The notion that assets like Coleman A. Young International Airport,
Belle Isle Park and the collections of the Detroit Institute of Arts
might be sold — either in a formal bankruptcy proceeding or in a huge
city reorganization outside of the court system — has fueled outrage.
“Bankruptcy scares me,” said LaTanya Boyce, a nurse practitioner. She
urges her patients to treat health concerns before they become acute
because, she said, “if they find themselves calling 911, it’s probably
too late.”
But as with many here who have wrestled with the practical realities of
living in this city, Ms. Boyce said she would not mind if some entity
other than the city took over the management of Belle Isle, a park whose
plan was conceived in the early 1880s by Frederick Law Olmsted.
Ms. Boyce goes to the park for exercise, wearing a fanny pack that at
times contains a gun — “Do you see any city police here?” — and
bemoaning several locked restrooms that have portable toilets planted in
front of them.
“I would love to see it leased to the state,” she said of the park. “They’d take better care.”
Recent developments among Detroit’s elected leaders have only added to
the sense that significant changes in the city are perhaps even
preferable. Two of the nine City Council members have resigned. (One
said he was leaving to work for the emergency manager’s office.) Then,
Charles Pugh, the Council president, had his salary stopped and power
stripped by Mr. Orr after the councilman abruptly stopped showing up for
meetings and disappeared from public view.
“Where Is Charles Pugh?” a headline at the top of the front page of The Detroit Free Press asked.
“For a lot of people, I think city government has become a nonentity
here,” said Kurt Metzger, the director of Data Driven Detroit, which
tracks demographic, economic and housing trends in the region. “People
almost feel like the city goes on in spite of city government — that
city government in this case certainly doesn’t define the city — and
that affects how they’re feeling about what comes next.”
Recently, Mr. Orr indicated that Detroit was getting out of the business
of electricity distribution. An independent authority is already
planning to take control of the city’s streetlights, 40 percent of
which, Mr. Orr’s office said, were not working in recent months. Similar
handoffs are being weighed for the water and sewer services, and
possibly more.
While many who have been through municipal bankruptcies say such moves
often mean more budget cuts to city services, Mr. Orr has called for
spending about $1.25 billion over the next 10 years on improving city
infrastructure and services, including the police. Last week, James
Craig, Mr. Orr’s choice for police chief, arrived to face a city that
had seen five chiefs in as many years and had the highest rate of
violent crime in 2012 of any city with more than 200,000 residents,
according to a report by Mr.
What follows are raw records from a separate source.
-- ===== src/Transaction/Intrinsic.antt =====
-- What the intrinsic gas of clauses amounts to (utils/transaction/transaction.ts).
use vechain_sdk_js.Prelude.{
  ℕ, ◌+◌, ◌*◌, ◌≡◌, refl, ap, ◌∙◌, Bool, true, false, ◌&&◌, ◌||◌, Option, none, some, List, [], ◌∷◌,
  drop, All, arith, ◌==◌, if◌then◌else◌,
}
use vechain_sdk_js.Result.{Result, ok, err, ◌>>=◌}
use vechain_sdk_js.Text.{
  Text, Bytes, is_hex_digits, is_hex_digit, digit_value, starts_with_tag, buffer_from_hex,
}
use vechain_sdk_js.Text.Bytes.{HasEvenLength, first_two}
use vechain_sdk_js.Vcdm.Hex
use vechain_sdk_js.Vcdm.Address
use vechain_sdk_js.Rlp.Blobs.{is_hex_digits-drop, length-drop_two}
use vechain_sdk_js.Transaction.Gas.{
  TransactionClause, includes_dot, sum_data_gas, is_empty, calculate_data_used_gas, recipient_gas,
  sum_gas, intrinsic_gas,
}

abbrev byte_cost : ℕ → ℕ
byte_cost b = if b == 0 then 4 else 68

abbrev pair_cost : ℕ → ℕ → ℕ
pair_cost c d = if c == b'0' && d == b'0' then 4 else 68

-- The gas of the bytes of a call: 4 for a zero byte and 68 for another one.
unfoldable pub bytes_gas : Bytes → ℕ
bytes_gas [] = 0
bytes_gas (b ∷ bs) = byte_cost b + bytes_gas bs

-- Two digits are both `0` exactly where the byte that they stand for is 0.
pair_gas :
    (c d : ℕ)
    → is_hex_digit c ≡ true
    → is_hex_digit d ≡ true
    → pair_cost c d ≡ byte_cost (digit_value c * 16 + digit_value d)
pair_gas c d h k = ground arith

sum_data_gas-bytes :
    (sum : ℕ) (s : Text)
    → is_hex_digits s ≡ true
    → HasEvenLength s
    → sum_data_gas sum s ≡ sum + bytes_gas (buffer_from_hex s)
unfolding sum_data_gas bytes_gas buffer_from_hex is_hex_digits
sum_data_gas-bytes sum [] h e = ground arith
sum_data_gas-bytes sum (c ∷ []) h e = ground arith
sum_data_gas-bytes sum (c ∷ d ∷ s) h e =
    let (hc, hd, hs) = first_two c d s h in
    let even : HasEvenLength s = omega (arith, e) in
    let here = pair_cost c d in
    rw (sum_data_gas-bytes (sum + here) s hs even, pair_gas c d hc hd, hc, hd) (omega arith)

-- What the gas is computed of: no text, or whole bytes after `0x`.
abbrev pub IsWholeBytes : Text → Type 0
IsWholeBytes [] = Unit
IsWholeBytes (c ∷ s) =
    (starts_with_tag (c ∷ s) ≡ true) × (Hex.is_valid (c ∷ s) ≡ true) × HasEvenLength (c ∷ s)

-- A recipient that is an address or a name, or none.
abbrev pub IsRecipient : Option Text → Type 0
IsRecipient none = Unit
IsRecipient (some to) = (Address.is_valid to || includes_dot to) ≡ true

pub record IsPriced (clause : TransactionClause) : Type 0 where
  pub to : IsRecipient clause.to
  pub payload : IsWholeBytes clause.payload

abbrev pub clause_base : Option Text → ℕ
clause_base none = 48000
clause_base (some to) = 16000

-- The gas of a clause by its bytes.
unfoldable pub clause_cost : TransactionClause → ℕ
unfolding bytes_gas
clause_cost clause = clause_base clause.to + bytes_gas (buffer_from_hex (drop 2 clause.payload))

unfoldable pub total_cost : List TransactionClause → ℕ
unfolding clause_cost
total_cost [] = 0
total_cost (clause ∷ clauses) = clause_cost clause + total_cost clauses

calculate_data_used_gas-bytes :
    (s : Text)
    → IsWholeBytes s
    → calculate_data_used_gas s ≡ ok (bytes_gas (buffer_from_hex (drop 2 s)))
unfolding calculate_data_used_gas sum_data_gas buffer_from_hex bytes_gas
calculate_data_used_gas-bytes [] h = refl
calculate_data_used_gas-bytes (c ∷ s) (tagged, valid, even) =
    let digits = is_hex_digits-drop (c ∷ s) tagged valid in
    let even' : HasEvenLength (drop 2 (c ∷ s)) =
      omega (arith, even, length-drop_two (c ∷ s) tagged) in
    let used = bytes_gas (buffer_from_hex (drop 2 (c ∷ s))) in
    let same : 0 + used ≡ used = omega arith in
    rw valid (ap ok (sum_data_gas-bytes 0 (drop 2 (c ∷ s)) digits even' ∙ same))

recipient_gas-base : (to : Option Text) → IsRecipient to → recipient_gas to ≡ ok (clause_base to)
unfolding recipient_gas
recipient_gas-base none h = refl
recipient_gas-base (some to) h = ground (arith, h)

sum_gas-cost :
    (sum : ℕ) (clauses : List TransactionClause)
    → All IsPriced clauses
    → sum_gas sum clauses ≡ ok (sum + total_cost clauses)
unfolding sum_gas total_cost
sum_gas-cost sum [] h = ap ok (omega arith)
sum_gas-cost sum (clause ∷ clauses) (h, hs) =
    let base = clause_base clause.to in
    let used = bytes_gas (buffer_from_hex (drop 2 clause.payload)) in
    rw
      (
        recipient_gas-base clause.to h.to,
        calculate_data_used_gas-bytes clause.payload h.payload,
        sum_gas-cost (sum + base + used) clauses hs,
      )
      (ap ok (omega arith))

-- The gas of a transaction by the bytes of its clauses; with no clause, one is counted.
unfoldable pub transaction_cost : List TransactionClause → ℕ
unfolding total_cost
transaction_cost [] = 21000
transaction_cost (clause ∷ clauses) = 5000 + total_cost (clause ∷ clauses)

-- If every recipient is missing, a valid address or a name with a dot, and every text of data is whole
-- bytes after 0x, the intrinsic gas of the clauses is the gas of a transaction, and for each clause
-- that of its recipient and of its bytes, 4 for a zero byte and 68 for another.
pub intrinsic_gas-cost :
    (clauses : List TransactionClause)
    → All IsPriced clauses
    → intrinsic_gas clauses ≡ ok (transaction_cost clauses)
unfolding intrinsic_gas transaction_cost
intrinsic_gas-cost [] h = refl
intrinsic_gas-cost (clause ∷ clauses) h = sum_gas-cost 5000 (clause ∷ clauses) h

abbrev is_recipient : Option Text → Bool
is_recipient none = true
is_recipient (some to) = Address.is_valid to || includes_dot to

-- A clause whose recipient and data are accepted.
abbrev is_accepted : TransactionClause → Bool
is_accepted clause =
    is_recipient clause.to && (is_empty clause.payload || Hex.is_valid clause.payload)

unfoldable pub are_accepted : List TransactionClause → Bool
are_accepted [] = true
are_accepted (clause ∷ clauses) = is_accepted clause && are_accepted clauses

abbrev pub is_ok {ℓ} : {A : Type ℓ} → Result A → Bool
is_ok (ok a) = true
is_ok (err e) = false

is_ok->>= :
    {A B : Type 0} (r : Result A) (f : A → Result B) (b : Bool)
    → ((a : A) → is_ok (f a) ≡ b)
    → is_ok (r >>= f) ≡ (is_ok r && b)
is_ok->>= (ok a) f b h = h a
is_ok->>= (err e) f b h = refl

is_ok-recipient_gas : (to : Option Text) → is_ok (recipient_gas to) ≡ is_recipient to
unfolding recipient_gas
is_ok-recipient_gas none = refl
is_ok-recipient_gas (some to) = ground arith

is_ok-calculate_data_used_gas :
    (s : Text) → is_ok (calculate_data_used_gas s) ≡ (is_empty s || Hex.is_valid s)
unfolding calculate_data_used_gas
is_ok-calculate_data_used_gas s = ground arith

and_rearrange : (a b c : Bool) → (a && (b && c)) ≡ ((a && b) && c)
and_rearrange a b c = ground arith

is_ok-sum_gas :
    (sum : ℕ) (clauses : List TransactionClause)
    → is_ok (sum_gas sum clauses) ≡ are_accepted clauses
unfolding sum_gas are_accepted
is_ok-sum_gas sum [] = refl
is_ok-sum_gas sum (clause ∷ clauses) =
    let used = calculate_data_used_gas clause.payload in
    let step = λ (gas : ℕ).
      is_ok->>= used (λ more. sum_gas (sum + gas + more) clauses) (are_accepted clauses)
        (λ more. is_ok-sum_gas (sum + gas + more) clauses) in
    is_ok->>= (recipient_gas clause.to) _ (is_ok used && are_accepted clauses) step
    ∙ rw (is_ok-recipient_gas clause.to, is_ok-calculate_data_used_gas clause.payload)
        (and_rearrange (is_recipient clause.to) _ _)

-- The intrinsic gas is computed exactly where each recipient is an address or has a dot, and each
-- text of data is empty or is hexadecimal.
pub intrinsic_gas-are_accepted :
    (clauses : List TransactionClause) → is_ok (intrinsic_gas clauses) ≡ are_accepted clauses
unfolding intrinsic_gas are_accepted
intrinsic_gas-are_accepted [] = refl
intrinsic_gas-are_accepted (clause ∷ clauses) = is_ok-sum_gas 5000 (clause ∷ clauses)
Orr.
“Whatever the solution is — a negotiated plan or a bankruptcy proceeding
— the end result is going to be better services,” Bill Nowling, Mr.
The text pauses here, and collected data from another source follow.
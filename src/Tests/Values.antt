-- ===== src/Tests/Values.antt =====
-- The data model, profiles and gas at concrete inputs.
use vechain_sdk_js.Prelude.{
  ◌≡◌, refl, ℤ, pos, negsuc, false, none, some, List, [], ◌∷◌, replicate, length, arith,
}
use vechain_sdk_js.Result.{ok, err, invalid_data_type, ◌>>=◌}
use vechain_sdk_js.Number.{int}
use vechain_sdk_js.Text.{Text, Bytes, codes, to_lower_case, starts_with_tag, is_hex_digits}
use vechain_sdk_js.Crypto
use vechain_sdk_js.Crypto.{recover}
use vechain_sdk_js.Crypto.Keys.{recover_of_sign}
use vechain_sdk_js.Vcdm.Hex.{
  positive, negative, Hex, to_text, of_text, of, bi, to_bytes, bigint, bytes, fit, compare_to,
}
use vechain_sdk_js.Vcdm.Hex.Value.{value, IsFitted, fit-value}
use vechain_sdk_js.Vcdm.Hex.Order.{Compares, compare_to-value}
use vechain_sdk_js.Vcdm.Hex.RoundTrip.{of_text-to_text, to_bytes-of, bi-of}
use vechain_sdk_js.Vcdm.HexInt.{exp}
use vechain_sdk_js.Vcdm.Quantity.{of_quantity}
use vechain_sdk_js.Vcdm.ThorId.{of_hex}
use vechain_sdk_js.Vcdm.Numbers.{IsQuantity, of_quantity-IsQuantity, of_hex-value}
use vechain_sdk_js.Rlp.Value.{
  Value, num, str, arr, obj, nil, cons, no_more, entry, Kind, scalar, array, struct, finish,
  profile, numeric_kind, hex_blob_kind,
}
use vechain_sdk_js.Rlp.Profiler.{get_field, encode_object, decode_object}
use vechain_sdk_js.Rlp.RoundTrip.{decode_object-encode_object}
use vechain_sdk_js.Transaction.Gas.{TransactionClause, intrinsic_gas}
use vechain_sdk_js.Transaction.Intrinsic.{
  transaction_cost, intrinsic_gas-cost, is_ok, are_accepted, intrinsic_gas-are_accepted,
}
use vechain_sdk_js.Tests.Packages.{test_noble, test_crypto, test_codec}
use vechain_sdk_js.Tests.Bodies.{or_empty, recipient, key}

abbrev small : Hex
small = record { sign = positive; digits = codes "ff" }

abbrev large : Hex
large = record { sign = positive; digits = codes "0100" }

abbrev below : Hex
below = record { sign = negative; digits = codes "2a" }

compare_to-value_example :
    (z : ℤ) × (compare_to test_noble small large ≡ ok z) × Compares z (value small) (value large)
unfolding is_hex_digits
compare_to-value_example = compare_to-value test_noble small large refl refl refl

of_text-to_text_example : of_text (to_text below) ≡ ok below
unfolding is_hex_digits to_lower_case
of_text-to_text_example = of_text-to_text below refl refl

to_bytes-of_example :
    (of test_noble (bytes (1 ∷ 255 ∷ [])) >>= to_bytes test_noble) ≡ ok (1 ∷ 255 ∷ [])
to_bytes-of_example = to_bytes-of test_noble (1 ∷ 255 ∷ []) (omega arith, (omega arith, tt))

minus : of test_noble (bigint (negsuc 41)) ≡ ok below
unfolding of to_lower_case vechain_sdk_js.Text.hex_of_bytes vechain_sdk_js.Text.Positional.be_bytes
    vechain_sdk_js.Text.Positional.digits_of
minus = refl

bi-of_example : bi test_noble below ≡ negsuc 41
bi-of_example = bi-of test_noble (negsuc 41) below minus

fit-value_example : (r : Hex) × (fit 4 small ≡ ok r) × IsFitted 4 small r
unfolding is_hex_digits
fit-value_example = fit-value 4 small refl (omega arith)

of_quantity-IsQuantity_example :
    ((h : Hex) × (of_quantity test_noble (exp (bigint (pos 10))) ≡ ok h) × IsQuantity 10 h)
    × (of_quantity test_noble (exp (bigint (negsuc 10))) ≡ err (invalid_data_type "Quantity.of"))
of_quantity-IsQuantity_example = of_quantity-IsQuantity test_noble 10

of_hex-value_example :
    (r : Hex) × (of_hex below ≡ ok r)
    × (length r.digits ≡ 64)
    × (value r ≡ value below)
    × (r.sign ≡ positive)
unfolding is_hex_digits
of_hex-value_example = of_hex-value below refl (omega arith)

-- A struct with a list of numbers and a text.
abbrev test_kind : Kind
test_kind = struct (
    profile "foo" (scalar (numeric_kind none))
      (profile "bar" (array (scalar hex_blob_kind)) finish))

abbrev test_value : Value
test_value = obj (
    entry "foo" (num (int (pos 1234)))
      (entry "bar" (arr (cons (str (codes "0x12ef")) nil)) no_more))

abbrev encoded_value : Bytes
encoded_value = or_empty (encode_object test_noble test_codec "data" test_kind test_value)

encode_object_check :
    encode_object test_noble test_codec "data" test_kind test_value ≡ ok encoded_value
unfolding encode_object vechain_sdk_js.Rlp.Profiler.property vechain_sdk_js.Rlp.Kinds.data_of
    vechain_sdk_js.Rlp.Kinds.numeric_data vechain_sdk_js.Rlp.Kinds.hex_blob_data is_hex_digits
    vechain_sdk_js.Text.strip_tag vechain_sdk_js.Text.strip_sign
encode_object_check = refl

decode_object-encode_object_example :
    (w : Value) × (decode_object test_noble test_codec "data" test_kind encoded_value ≡ ok w)
    × (encode_object test_noble test_codec "data" test_kind w ≡ ok encoded_value)
unfolding get_field starts_with_tag
decode_object-encode_object_example =
    decode_object-encode_object test_noble test_codec "data" test_kind test_value encoded_value
      ((refl, tt), tt, (tt, tt, tt)) (tt, ((refl, tt), tt)) encode_object_check

abbrev test_clauses : List TransactionClause
test_clauses =
    record { to = some recipient; payload = codes "0x00ff" }
    ∷ record { to = none; payload = [] }
    ∷ []

intrinsic_gas-cost_example : intrinsic_gas test_clauses ≡ ok (transaction_cost test_clauses)
unfolding starts_with_tag vechain_sdk_js.Vcdm.Address.is_valid vechain_sdk_js.Text.strip_sign
    is_hex_digits vechain_sdk_js.Text.strip_tag
intrinsic_gas-cost_example =
    intrinsic_gas-cost test_clauses
      (record { to = refl; payload = (refl, refl, refl) }, (record { to = tt; payload = tt }, tt))

intrinsic_gas-are_accepted_example : is_ok (intrinsic_gas test_clauses) ≡ are_accepted test_clauses
intrinsic_gas-are_accepted_example = intrinsic_gas-are_accepted test_clauses

abbrev test_signature : Bytes
test_signature = or_empty (Crypto.sign test_crypto (replicate 32 5) key)

sign_hash_check : Crypto.sign test_crypto (replicate 32 5) key ≡ ok test_signature
unfolding Crypto.sign
sign_hash_check = refl

recover_of_sign_example :
    recover test_crypto (replicate 32 5) test_signature ≡ ok (test_crypto.get_public_key key false)
recover_of_sign_example =
    recover_of_sign test_crypto (replicate 32 5) key test_signature (λ h. refl) sign_hash_check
Orr’s spokesman, said. “This is all about getting Detroit strong, viable
and solvent.”
Frank Ponder, 45, who works at a hospital here, said major changes in
the city, even bankruptcy, now seem all but certain. “Everybody had all
these ideas about saving Detroit, and nobody’s ideas actually worked,”
he said. “At a certain point, you have to stop fooling yourself.”
The East Side house in which Mr. Ponder lives, once owned by his
grandmother, is the only one on his block that appears to be occupied.
He has been saving money for years in hopes of moving this fall to a
suburb, Warren — and he expects to just walk away.
“What can you do?” he said. “Sell it? On that block?”
While corporations announced this year that they would donate money to
the city in part to lease new emergency vehicles, there have been times
in 2013, the authorities acknowledge, when only 10 to 14 of Detroit’s 36
ambulances have actually been in service. Some of the city’s emergency
medical service vehicles have as many as 300,000 miles on them, so they
tend to break down.
All this helps explain why Mr. Ponder said he, as so many here, would
try to get himself to a hospital before seeking help from Detroit.